In the wake of rapid development of electric vehicles, automobile makers tend to spare no effort in the development this product. The prevalent use of electric vehicle is indeed a revolution of vehicles for human beings of this century. In the competition between electric vehicle and traditional motor vehicles, and for the gradual replacement of diesel engine cars, battery-related technology will be critical. Battery allows for high performance efficiency, endurance for longer driving distance, compression of the time for recharging, longer life span of battery, and reduction of the cost of battery production are essential factors for electric vehicles for replacement of traditional diesel engine vehicles. Accordingly, battery management system (BMS) will be one of the critical technologies for such purpose.

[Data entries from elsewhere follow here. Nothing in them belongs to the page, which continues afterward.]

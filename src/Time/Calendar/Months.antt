-- ===== src/Time/Calendar/Months.antt =====
-- The month of a day, and the resets on one day of each month.
use native.Mathlib.Numerals.{add-one}
use keypooler.Base.{
  ℕ, zero, suc, ◌+◌, ◌-◌, ◌*◌, ◌/◌, ◌%◌, ◌≤◌, ◌<◌, ◌≡◌, refl, ap, ◌∙◌, subst, ◌⊎◌, inl, inr, arith,
  ltb, Bool-cases,
}
use keypooler.Base.Int.{pos}
use keypooler.Time.Calendar.{
  day, days_in, month_length, month_start, month_from, month_of, date, day_of, next_month,
  previous_month,
}

pub month_length_range : (n : ℕ) → (28 ≤ month_length n) × (month_length n ≤ 31)
unfolding month_length days_in
month_length_range n = ground arith

month_start-zero : month_start 0 ≡ 0
unfolding month_start
month_start-zero = refl

pub month_start-suc : (n : ℕ) → month_start (suc n) ≡ month_start n + month_length n
unfolding month_start
month_start-suc n = refl

month_start_up : (k n : ℕ) → month_start n ≤ month_start (n + k)
month_start_up zero n = omega (arith, ap month_start {x = n + zero} {y = n} (omega arith))
month_start_up (suc k) n = omega (
  arith,
  month_start_up k n,
  month_start-suc (n + k),
  ap month_start {x = n + suc k} {y = suc (n + k)} (omega arith),
)

pub month_start_mono : (m n : ℕ) → m ≤ n → month_start m ≤ month_start n
month_start_mono m n h =
    omega (arith, month_start_up (n - m) m, ap month_start {x = m + (n - m)} {y = n} (omega arith))

-- Day `d` lies in month `n`.
abbrev pub IsIn : ℕ → ℕ → Type 0
IsIn d n = (month_start n ≤ d) × (d < month_start (suc n))

pub tri : (m n : ℕ) → (m ≡ n) ⊎ ((suc m ≤ n) ⊎ (suc n ≤ m))
tri m n = grind arith

IsIn-unique : (d m n : ℕ) → IsIn d m → IsIn d n → m ≡ n
IsIn-unique d m n a b = elim (tri m n) [
  | inl e ↦ e
  | inr (inl h) ↦ absurd (omega (arith, month_start_mono (suc m) n h))
  | inr (inr h) ↦ absurd (omega (arith, month_start_mono (suc n) m h))
]

month_from-IsIn : (fuel n d : ℕ) → d < fuel → IsIn (month_start n + d) (month_from fuel n d)
unfolding month_from
month_from-IsIn zero n d h = absurd (omega arith)
month_from-IsIn (suc fuel) n d h = elim (Bool-cases (ltb d (month_length n))) [
  | inl e ↦ rw (e, month_from) (ground (arith, month_start-suc n))
  | inr e ↦
      rw (e, month_from)
        (subst (λ x. IsIn x (month_from fuel (suc n) (d - month_length n)))
          (ground (arith, month_start-suc n))
          (month_from-IsIn fuel (suc n) (d - month_length n)
            (ground (arith, month_length_range n))))
]

pub month_of-IsIn : (t : ℕ) → IsIn (t / day) (month_of t)
unfolding month_of
month_of-IsIn t =
    subst (λ d. IsIn d (month_from (suc (t / day)) 0 (t / day))) (omega (arith, month_start-zero))
      (month_from-IsIn (suc (t / day)) 0 (t / day) (omega arith))

pub month_of_unique : (t n : ℕ) → IsIn (t / day) n → month_of t ≡ n
month_of_unique t n h = IsIn-unique (t / day) (month_of t) n (month_of-IsIn t) h

-- Midnight of day `d` in month `n`.
pub reset_at : ℕ → ℕ → ℕ
reset_at n d = (month_start n + d - 1) * day

module _ (n d : ℕ) (low : 1 ≤ d) (high : d ≤ 28) where
  reset_at-IsIn : IsIn (reset_at n d / day) n
  unfolding reset_at
  reset_at-IsIn = omega (arith, month_length_range n, month_start-suc n)

  pub date-reset_at : date n (pos d) ≡ reset_at n d
  unfolding date reset_at
  date-reset_at = omega arith

  month_of-reset_at : month_of (reset_at n d) ≡ n
  month_of-reset_at = month_of_unique (reset_at n d) n reset_at-IsIn

  day_of-reset_at : day_of (reset_at n d) ≡ d
  unfolding day_of
  day_of-reset_at =
      ap (λ m. reset_at n d / day - month_start m + 1) month_of-reset_at
      ∙ (unfold reset_at in omega arith)

  midnight : reset_at n d % day ≡ 0
  unfolding reset_at
  midnight = omega arith

  pub next_month-reset_at : next_month (reset_at n d) ≡ reset_at (suc n) d
  unfolding next_month
  next_month-reset_at =
      rw (month_of-reset_at, day_of-reset_at, midnight, add-one n) (unfold reset_at in omega arith)

  pub previous_month-reset_at : previous_month (reset_at n d) ≡ reset_at (n - 1) d
  unfolding previous_month
  previous_month-reset_at =
      rw (month_of-reset_at, day_of-reset_at, midnight) (unfold reset_at in omega arith)

  -- An instant of a month lies between the reset of the month before and that of the next.
  pub reset_at_next : (t : ℕ) → month_of t ≡ n → t < reset_at (suc n) d
  unfolding reset_at
  reset_at_next t e = omega (arith, subst (IsIn (t / day)) e (month_of-IsIn t))

  pub reset_at_before : (t : ℕ) → month_of t ≡ suc n → reset_at n d ≤ t
  unfolding reset_at
  reset_at_before t e =
      omega
        (arith, subst (IsIn (t / day)) e (month_of-IsIn t), month_start-suc n, month_length_range n)

pub reset_at_mono : (m n d : ℕ) → m ≤ n → reset_at m d ≤ reset_at n d
unfolding reset_at
reset_at_mono m n d h = grind (arith, month_start_mono m n h)

-- January of year 1 is over.
abbrev pub second_month : ℕ
second_month = 31 * day

month_start-one : month_start 1 ≡ 31
unfolding month_start month_length days_in
month_start-one = refl

pub month_of-pos : (t : ℕ) → second_month ≤ t → month_of t ≡ suc (month_of t - 1)
month_of-pos t h = elim (tri (month_of t) 0) [
  | inl e ↦ absurd (omega (arith, subst (IsIn (t / day)) e (month_of-IsIn t), month_start-one))
  | inr (inl lt) ↦ absurd (omega arith)
  | inr (inr gt) ↦ omega arith
]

BMS is a critical factor for electric vehicles
BMS performs the functions of battery voltage measurement to prevent or avoid excessive power release, excessive charging, overheating, and other abnormal situations. New functions for BMS were developed in line with the development of related technologies. The MC33771 battery cell controller and MC33664 transformer physical layer solution of NXP Semiconductors is an application for lithium ion battery cell control for providing stability, safety and BOM (bill of material) at optimized low cost. In the market of electric vehicle, it can support high-voltage BMS at 800V and BMS at 48V. In addition, it also supports the energy storage systems (ESS), uninterrupted power supply (UPS) in industrial use, electric bicycles and electric cars.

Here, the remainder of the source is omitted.